• _EXERCISE_
Using the records below, copy out exactly the line that contains "h ≡ some out" and every line that follows it, up to and including the last, and no others.

Stored items
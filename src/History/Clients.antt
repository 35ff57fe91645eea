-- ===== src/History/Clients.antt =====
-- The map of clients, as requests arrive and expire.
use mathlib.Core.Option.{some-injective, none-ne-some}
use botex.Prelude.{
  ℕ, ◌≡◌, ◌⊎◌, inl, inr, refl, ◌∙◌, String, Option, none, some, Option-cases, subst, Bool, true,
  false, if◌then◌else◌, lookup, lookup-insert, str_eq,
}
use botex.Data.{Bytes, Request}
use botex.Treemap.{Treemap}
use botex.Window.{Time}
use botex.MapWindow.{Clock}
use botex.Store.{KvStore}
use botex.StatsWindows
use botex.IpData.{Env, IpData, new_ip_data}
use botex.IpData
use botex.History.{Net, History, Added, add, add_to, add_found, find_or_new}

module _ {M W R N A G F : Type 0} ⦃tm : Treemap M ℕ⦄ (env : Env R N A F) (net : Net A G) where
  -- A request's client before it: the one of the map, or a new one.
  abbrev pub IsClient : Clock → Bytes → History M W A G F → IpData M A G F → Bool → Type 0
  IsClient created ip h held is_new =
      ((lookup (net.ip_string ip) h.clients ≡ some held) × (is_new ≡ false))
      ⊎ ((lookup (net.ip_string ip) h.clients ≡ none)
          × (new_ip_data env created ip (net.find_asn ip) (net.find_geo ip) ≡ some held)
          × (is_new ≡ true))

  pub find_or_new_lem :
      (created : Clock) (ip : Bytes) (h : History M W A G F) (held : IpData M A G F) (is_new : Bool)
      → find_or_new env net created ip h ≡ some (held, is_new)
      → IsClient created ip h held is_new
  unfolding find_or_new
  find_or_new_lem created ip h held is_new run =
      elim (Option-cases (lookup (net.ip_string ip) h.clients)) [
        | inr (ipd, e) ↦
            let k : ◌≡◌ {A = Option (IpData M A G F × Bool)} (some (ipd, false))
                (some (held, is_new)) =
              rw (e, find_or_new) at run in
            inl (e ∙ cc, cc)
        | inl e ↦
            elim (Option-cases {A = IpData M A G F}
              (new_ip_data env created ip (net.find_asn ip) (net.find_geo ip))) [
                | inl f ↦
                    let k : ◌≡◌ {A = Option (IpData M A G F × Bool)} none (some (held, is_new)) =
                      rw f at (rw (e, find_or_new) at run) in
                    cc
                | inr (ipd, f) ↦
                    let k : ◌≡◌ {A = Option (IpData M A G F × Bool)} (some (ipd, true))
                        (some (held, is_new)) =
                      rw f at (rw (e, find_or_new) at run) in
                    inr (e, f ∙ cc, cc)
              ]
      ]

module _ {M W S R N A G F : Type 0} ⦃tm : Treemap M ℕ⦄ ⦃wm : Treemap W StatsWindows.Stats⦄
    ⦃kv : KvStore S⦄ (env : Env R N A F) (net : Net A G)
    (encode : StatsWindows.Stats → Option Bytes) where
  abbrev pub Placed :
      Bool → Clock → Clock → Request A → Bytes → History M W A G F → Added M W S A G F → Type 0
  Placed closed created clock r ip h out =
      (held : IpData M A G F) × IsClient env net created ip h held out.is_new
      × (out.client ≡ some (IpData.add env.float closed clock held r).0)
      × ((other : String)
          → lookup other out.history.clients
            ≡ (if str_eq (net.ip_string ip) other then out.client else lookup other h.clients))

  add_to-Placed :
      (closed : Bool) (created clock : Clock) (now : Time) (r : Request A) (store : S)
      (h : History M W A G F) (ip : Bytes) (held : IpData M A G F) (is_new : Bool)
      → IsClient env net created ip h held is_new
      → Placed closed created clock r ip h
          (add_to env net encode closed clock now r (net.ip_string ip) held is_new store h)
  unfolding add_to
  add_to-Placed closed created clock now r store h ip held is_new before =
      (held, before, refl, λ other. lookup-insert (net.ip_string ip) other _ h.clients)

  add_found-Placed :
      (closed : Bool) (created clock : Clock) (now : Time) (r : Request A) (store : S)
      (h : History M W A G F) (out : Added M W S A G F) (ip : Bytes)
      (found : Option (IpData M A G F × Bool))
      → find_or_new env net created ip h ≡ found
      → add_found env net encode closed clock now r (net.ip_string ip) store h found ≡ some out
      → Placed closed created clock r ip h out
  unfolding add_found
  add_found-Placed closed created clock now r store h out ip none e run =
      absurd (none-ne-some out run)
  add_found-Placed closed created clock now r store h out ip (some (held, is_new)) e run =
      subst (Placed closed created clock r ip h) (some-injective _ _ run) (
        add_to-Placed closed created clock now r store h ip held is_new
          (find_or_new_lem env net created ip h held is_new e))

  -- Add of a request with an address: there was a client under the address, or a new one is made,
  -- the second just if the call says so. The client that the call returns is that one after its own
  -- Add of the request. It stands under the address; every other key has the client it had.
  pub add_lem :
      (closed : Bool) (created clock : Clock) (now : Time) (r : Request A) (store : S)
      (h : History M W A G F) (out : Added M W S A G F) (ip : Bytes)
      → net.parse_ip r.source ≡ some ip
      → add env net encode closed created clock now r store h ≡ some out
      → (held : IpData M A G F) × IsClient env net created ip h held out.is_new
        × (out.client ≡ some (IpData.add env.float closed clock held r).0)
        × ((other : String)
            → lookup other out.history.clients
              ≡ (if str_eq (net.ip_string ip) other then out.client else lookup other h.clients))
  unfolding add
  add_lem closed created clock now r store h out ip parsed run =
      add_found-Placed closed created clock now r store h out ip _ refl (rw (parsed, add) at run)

• _RESULT FOR THIS TASK_
      → add env net encode closed created clock now r store h ≡ some out
      → (held : IpData M A G F) × IsClient env net created ip h held out.is_new
        × (out.client ≡ some (IpData.add env.float closed clock held r).0)
        × ((other : String)
            → lookup other out.history.clients
              ≡ (if str_eq (net.ip_string ip) other then out.client else lookup other h.clients))
  unfolding add
  add_lem closed created clock now r store h out ip parsed run =
      add_found-Placed closed created clock now r store h out ip _ refl (rw (parsed, add) at run)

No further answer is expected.